Segment Start: RECORDS SHOWN

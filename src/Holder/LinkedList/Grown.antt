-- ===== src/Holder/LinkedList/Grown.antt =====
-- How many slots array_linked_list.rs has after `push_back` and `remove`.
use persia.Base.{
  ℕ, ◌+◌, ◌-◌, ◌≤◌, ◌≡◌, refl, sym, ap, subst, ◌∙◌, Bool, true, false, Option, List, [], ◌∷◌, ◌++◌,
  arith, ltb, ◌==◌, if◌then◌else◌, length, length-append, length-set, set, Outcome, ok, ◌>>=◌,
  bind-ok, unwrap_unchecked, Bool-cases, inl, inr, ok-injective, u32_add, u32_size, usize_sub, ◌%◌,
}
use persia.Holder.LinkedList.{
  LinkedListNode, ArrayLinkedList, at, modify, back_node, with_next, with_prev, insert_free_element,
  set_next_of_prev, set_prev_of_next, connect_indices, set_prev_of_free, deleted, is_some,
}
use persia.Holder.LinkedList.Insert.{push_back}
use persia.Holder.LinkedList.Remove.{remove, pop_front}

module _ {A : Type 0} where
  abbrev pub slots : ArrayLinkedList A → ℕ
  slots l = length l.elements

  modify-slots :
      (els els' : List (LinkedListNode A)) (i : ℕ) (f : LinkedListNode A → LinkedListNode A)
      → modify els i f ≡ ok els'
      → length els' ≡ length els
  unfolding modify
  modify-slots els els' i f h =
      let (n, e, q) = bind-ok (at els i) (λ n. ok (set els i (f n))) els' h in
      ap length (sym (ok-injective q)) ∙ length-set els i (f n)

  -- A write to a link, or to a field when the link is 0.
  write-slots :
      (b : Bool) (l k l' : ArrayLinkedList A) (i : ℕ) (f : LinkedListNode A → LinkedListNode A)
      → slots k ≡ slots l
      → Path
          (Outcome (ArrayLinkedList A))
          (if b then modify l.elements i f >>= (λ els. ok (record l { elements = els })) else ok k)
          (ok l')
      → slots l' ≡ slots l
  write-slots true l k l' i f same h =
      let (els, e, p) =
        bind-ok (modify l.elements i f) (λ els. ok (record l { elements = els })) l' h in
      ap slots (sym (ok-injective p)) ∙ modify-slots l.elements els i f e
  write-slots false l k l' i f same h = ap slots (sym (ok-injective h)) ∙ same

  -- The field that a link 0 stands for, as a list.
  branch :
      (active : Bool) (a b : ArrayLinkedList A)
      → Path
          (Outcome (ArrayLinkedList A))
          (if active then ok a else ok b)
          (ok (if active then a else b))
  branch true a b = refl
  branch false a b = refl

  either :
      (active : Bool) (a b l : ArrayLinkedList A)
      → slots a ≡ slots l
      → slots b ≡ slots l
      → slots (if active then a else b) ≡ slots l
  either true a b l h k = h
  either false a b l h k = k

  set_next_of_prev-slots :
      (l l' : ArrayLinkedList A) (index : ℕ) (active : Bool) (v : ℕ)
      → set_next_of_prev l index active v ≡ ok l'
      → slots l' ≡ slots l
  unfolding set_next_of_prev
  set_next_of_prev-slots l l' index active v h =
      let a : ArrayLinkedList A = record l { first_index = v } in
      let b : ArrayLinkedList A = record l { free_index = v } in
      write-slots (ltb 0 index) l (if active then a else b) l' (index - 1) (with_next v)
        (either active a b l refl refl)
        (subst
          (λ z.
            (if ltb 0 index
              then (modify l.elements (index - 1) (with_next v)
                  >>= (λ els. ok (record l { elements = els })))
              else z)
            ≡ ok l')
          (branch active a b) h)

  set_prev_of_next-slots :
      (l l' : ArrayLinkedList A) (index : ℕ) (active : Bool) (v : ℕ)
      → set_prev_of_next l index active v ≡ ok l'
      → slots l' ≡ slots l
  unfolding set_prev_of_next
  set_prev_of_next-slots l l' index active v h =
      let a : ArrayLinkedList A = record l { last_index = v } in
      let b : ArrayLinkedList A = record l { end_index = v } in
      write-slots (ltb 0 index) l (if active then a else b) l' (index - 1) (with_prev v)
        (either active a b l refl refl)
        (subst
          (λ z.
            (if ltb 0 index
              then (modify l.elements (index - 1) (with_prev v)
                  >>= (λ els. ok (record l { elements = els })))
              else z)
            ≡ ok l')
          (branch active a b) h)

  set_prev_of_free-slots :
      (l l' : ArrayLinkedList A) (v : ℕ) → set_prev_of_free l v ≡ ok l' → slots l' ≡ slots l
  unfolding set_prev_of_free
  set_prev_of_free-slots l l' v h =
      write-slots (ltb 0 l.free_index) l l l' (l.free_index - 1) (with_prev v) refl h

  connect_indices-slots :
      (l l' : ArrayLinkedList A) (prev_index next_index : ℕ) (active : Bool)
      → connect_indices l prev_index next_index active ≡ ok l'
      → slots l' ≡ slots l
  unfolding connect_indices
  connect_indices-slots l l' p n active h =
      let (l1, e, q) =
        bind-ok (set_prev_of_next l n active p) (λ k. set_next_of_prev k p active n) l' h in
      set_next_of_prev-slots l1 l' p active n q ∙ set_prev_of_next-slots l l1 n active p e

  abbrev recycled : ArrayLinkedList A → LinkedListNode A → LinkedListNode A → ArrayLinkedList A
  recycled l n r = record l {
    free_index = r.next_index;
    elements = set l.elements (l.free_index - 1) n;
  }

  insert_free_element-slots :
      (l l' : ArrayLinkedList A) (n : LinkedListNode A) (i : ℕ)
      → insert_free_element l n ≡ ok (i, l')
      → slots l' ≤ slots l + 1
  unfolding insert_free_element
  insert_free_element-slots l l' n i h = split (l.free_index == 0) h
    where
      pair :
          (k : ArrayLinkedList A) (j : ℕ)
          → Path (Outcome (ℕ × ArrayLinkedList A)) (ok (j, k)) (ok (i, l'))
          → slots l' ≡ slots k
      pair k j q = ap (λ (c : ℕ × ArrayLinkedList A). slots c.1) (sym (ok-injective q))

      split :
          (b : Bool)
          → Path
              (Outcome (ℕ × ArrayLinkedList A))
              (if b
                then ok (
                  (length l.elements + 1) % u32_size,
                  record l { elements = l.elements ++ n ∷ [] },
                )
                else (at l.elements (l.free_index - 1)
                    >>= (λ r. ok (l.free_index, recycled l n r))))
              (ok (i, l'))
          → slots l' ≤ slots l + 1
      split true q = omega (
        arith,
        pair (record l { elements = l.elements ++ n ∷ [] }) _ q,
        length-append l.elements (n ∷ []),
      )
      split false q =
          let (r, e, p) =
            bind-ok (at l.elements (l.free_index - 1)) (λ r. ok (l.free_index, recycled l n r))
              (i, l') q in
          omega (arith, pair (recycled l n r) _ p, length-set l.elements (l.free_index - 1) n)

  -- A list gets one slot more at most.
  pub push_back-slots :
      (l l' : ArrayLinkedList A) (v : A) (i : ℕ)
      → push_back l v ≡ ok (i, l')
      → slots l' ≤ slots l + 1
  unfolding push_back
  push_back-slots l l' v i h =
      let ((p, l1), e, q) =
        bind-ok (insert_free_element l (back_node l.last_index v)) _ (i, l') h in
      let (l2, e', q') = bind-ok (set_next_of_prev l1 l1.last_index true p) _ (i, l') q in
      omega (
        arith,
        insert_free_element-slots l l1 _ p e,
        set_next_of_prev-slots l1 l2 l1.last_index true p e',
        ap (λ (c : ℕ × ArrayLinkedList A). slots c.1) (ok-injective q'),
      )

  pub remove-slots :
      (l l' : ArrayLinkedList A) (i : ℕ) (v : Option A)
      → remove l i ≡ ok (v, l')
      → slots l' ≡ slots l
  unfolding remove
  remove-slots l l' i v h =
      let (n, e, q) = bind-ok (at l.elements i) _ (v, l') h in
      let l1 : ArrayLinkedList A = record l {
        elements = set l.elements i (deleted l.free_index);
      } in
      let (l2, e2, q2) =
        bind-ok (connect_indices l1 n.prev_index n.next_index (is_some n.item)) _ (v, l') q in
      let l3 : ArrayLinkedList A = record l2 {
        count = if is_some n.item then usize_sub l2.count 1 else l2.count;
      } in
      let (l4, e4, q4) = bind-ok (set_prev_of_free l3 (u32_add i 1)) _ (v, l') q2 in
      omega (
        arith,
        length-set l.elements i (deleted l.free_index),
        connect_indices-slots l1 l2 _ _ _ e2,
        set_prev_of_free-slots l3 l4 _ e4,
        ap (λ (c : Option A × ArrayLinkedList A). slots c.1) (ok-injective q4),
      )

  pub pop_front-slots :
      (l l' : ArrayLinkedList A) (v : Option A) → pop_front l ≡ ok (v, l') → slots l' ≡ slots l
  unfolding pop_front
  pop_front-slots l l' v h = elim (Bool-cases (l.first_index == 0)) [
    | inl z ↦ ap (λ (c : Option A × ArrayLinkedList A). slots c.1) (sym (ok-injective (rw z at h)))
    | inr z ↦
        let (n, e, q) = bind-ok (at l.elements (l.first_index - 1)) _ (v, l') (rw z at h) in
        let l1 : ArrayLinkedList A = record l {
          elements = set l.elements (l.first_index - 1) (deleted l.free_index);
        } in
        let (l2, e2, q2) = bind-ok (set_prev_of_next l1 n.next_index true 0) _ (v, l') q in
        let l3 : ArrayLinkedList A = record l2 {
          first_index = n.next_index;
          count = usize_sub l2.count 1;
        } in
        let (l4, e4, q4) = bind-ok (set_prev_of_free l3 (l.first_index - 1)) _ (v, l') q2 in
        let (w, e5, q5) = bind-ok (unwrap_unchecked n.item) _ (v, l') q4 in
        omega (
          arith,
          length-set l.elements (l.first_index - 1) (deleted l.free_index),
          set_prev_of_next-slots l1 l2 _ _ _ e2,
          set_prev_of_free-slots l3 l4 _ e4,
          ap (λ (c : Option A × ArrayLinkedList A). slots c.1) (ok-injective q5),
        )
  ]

Segment End: RECORDS SHOWN

The lines to extract from the data above begin with the line containing "either false a b l h k = k" and end with the line containing "first_index = v". Extract them exactly, including both.

§ RESULT FOR THIS EXERCISE:
  either false a b l h k = k

  set_next_of_prev-slots :
      (l l' : ArrayLinkedList A) (index : ℕ) (active : Bool) (v : ℕ)
      → set_next_of_prev l index active v ≡ ok l'
      → slots l' ≡ slots l
  unfolding set_next_of_prev
  set_next_of_prev-slots l l' index active v h =
      let a : ArrayLinkedList A = record l { first_index = v } in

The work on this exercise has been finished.